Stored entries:
- - -

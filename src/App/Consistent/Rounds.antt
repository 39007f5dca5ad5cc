-- ===== src/App/Consistent/Rounds.antt =====
-- The main loop keeps the flags of the runtime in agreement.
use xiaozhi.App.Consistent.{
  Consistent, Off-Consistent, push_event-Consistent, connect-Consistent, set_state-Off, reset-Off,
}
use xiaozhi.App.Loop.{
  press_enter, handle_manual_line, Stdin, line, end_of_input, poll_stdin, is_uploading, dispatch,
  dispatch_type, after_pop, Tick, Round, round, next, run_loop, begin_run, Progress, running,
}
use xiaozhi.App.State.{App, World, request_stop, reset_to_idle}
use xiaozhi.App.Consistent.Events.{if-Consistent, type-Consistent}
use xiaozhi.Base.{
  ◌≡◌, ◌⊎◌, refl, subst, Bool, true, false, not, ◌||◌, List, [], ◌∷◌, Option, none, some,
  if◌then◌else◌, inl, inr,
}
use xiaozhi.Base.Int.{pos}
use xiaozhi.Base.Strings.{Bytes, codes, str_eq}
use xiaozhi.Event.{EventType}
use xiaozhi.EventQueue
use xiaozhi.EventQueue.{EventQueue, Popped}
use xiaozhi.Session.{State}

stop-Consistent : (app : App) → Consistent app → Consistent (request_stop app)
unfolding request_stop
stop-Consistent app c =
    push_event-Consistent (record app { stop_requested = true }) EventType.shutdown none (pos 0)
      (record { microphone = c.microphone; client = c.client; upload = c.upload })

line-Consistent :
    (app : App) (text : Bytes) → Consistent app → Consistent (handle_manual_line app text)
unfolding handle_manual_line press_enter
line-Consistent app text c =
    if-Consistent (str_eq text (codes "q\n") || str_eq text (codes "q\r\n")) (stop-Consistent app c)
      (if-Consistent (str_eq text (codes "\n") || str_eq text (codes "\r\n"))
        (if-Consistent (is_uploading app.session.state)
          (push_event-Consistent app EventType.manual_stop none (pos 0) c)
          (push_event-Consistent app EventType.manual_start none (pos 0) c))
        c)

stdin-Consistent : (app : App) (s : Stdin) → Consistent app → Consistent (poll_stdin app s)
unfolding poll_stdin
stdin-Consistent app (line text) c = line-Consistent app text c
stdin-Consistent app end_of_input c = stop-Consistent app c
stdin-Consistent app Stdin.nothing c = c
stdin-Consistent app Stdin.error c = c

pub events-Consistent :
    (app : App) (q : EventQueue) → Consistent app → Consistent (record app { events = q })
events-Consistent app q c = record {
  microphone = c.microphone;
  client = c.client;
  upload = c.upload;
}

unfoldable pub RoundKeeps : Round → Type 0
RoundKeeps Round.waits = Unit
RoundKeeps Round.failed = Unit
RoundKeeps (next app) = Consistent app

Round-cases :
    (r : Round) → (r ≡ Round.waits) ⊎ ((r ≡ Round.failed) ⊎ ((app : App) × (r ≡ next app)))
Round-cases Round.waits = inl refl
Round-cases Round.failed = inr (inl refl)
Round-cases (next app) = inr (inr (app, refl))

after_pop-Consistent :
    {Item : Type 0} (t : Tick Item) (app : App) (x : Option (Popped × EventQueue))
    → Consistent app
    → RoundKeeps (after_pop t app x)
unfolding after_pop dispatch RoundKeeps
after_pop-Consistent t app none c = tt
after_pop-Consistent t app (some (Popped.failure, q)) c = tt
after_pop-Consistent t app (some (Popped.nothing, q)) c =
    stdin-Consistent (record app { events = q }) t.stdin (events-Consistent app q c)
after_pop-Consistent t app (some (Popped.event e, q)) c =
    let a = record app { events = q } in
    stdin-Consistent (dispatch_type t.world a e.type e.text) t.stdin
      (type-Consistent t.world a e.type e.text (events-Consistent app q c))

pub round-Consistent :
    {Item : Type 0} (t : Tick Item) (app : App) → Consistent app → RoundKeeps (round t app)
unfolding round
round-Consistent t app c =
    after_pop-Consistent t app (EventQueue.pop app.events (pos 100) t.sleeps) c

-- The state that some rounds leave.
abbrev pub Leaves : Progress → Type 0
Leaves (Progress.returned code app) = Consistent app
Leaves Progress.waits = Unit
Leaves (running app) = Consistent app

if-Leaves : (b : Bool) (x y : Progress) → Leaves x → Leaves y → Leaves (if b then x else y)
if-Leaves true x y c d = c
if-Leaves false x y c d = d

-- The main loop keeps the flags of the runtime in agreement, whatever the events, the answers of the
-- outside and the lines of the standard input: the microphone uploads just when the app does, the
-- client is started just when its thread is meant to run, and an upload runs only in the state
-- UPLOADING_AUDIO, with a dump file that is open and a session that the server named.
run_loop-Consistent :
    {Item : Type 0} (app : App) (ticks : List (Tick Item))
    → Consistent app
    → Leaves (run_loop app ticks)
unfolding run_loop RoundKeeps
run_loop-Consistent app [] c = c
run_loop-Consistent app (t ∷ ticks) c =
    if-Leaves app.stop_requested _ _ c (elim (Round-cases (round t app)) [
      | inl e ↦ rw e tt
      | inr (inl e) ↦ rw e c
      | inr (inr (a, e)) ↦
          rw e (run_loop-Consistent a ticks (subst RoundKeeps e (round-Consistent t app c)))
    ])

pub begin-Consistent :
    {Item : Type 0} (w : World Item) (app : App)
    → app.client.running ≡ app.client_started
    → Consistent (begin_run w app)
unfolding begin_run
begin-Consistent w app e =
    let o = reset-Off app e in
    if-Consistent (not (reset_to_idle app).client_started)
      (connect-Consistent w (set_state-Off State.connecting o)) (Off-Consistent o)

-- From the start of `app_run` on, if the flags of the client agree.
pub run-Consistent :
    {Item : Type 0} (w : World Item) (app : App) (ticks : List (Tick Item))
    → app.client.running ≡ app.client_started
    → Leaves (run_loop (begin_run w app) ticks)
run-Consistent w app ticks e =
    run_loop-Consistent (begin_run w app) ticks (begin-Consistent w app e)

- - -

HOW TO COMPLETE THIS TASK
Your task is to return each line of the data above that contains the string "Bytes".

ANSWER BOX
use xiaozhi.Base.Strings.{Bytes, codes, str_eq}
    (app : App) (text : Bytes) → Consistent app → Consistent (handle_manual_line app text)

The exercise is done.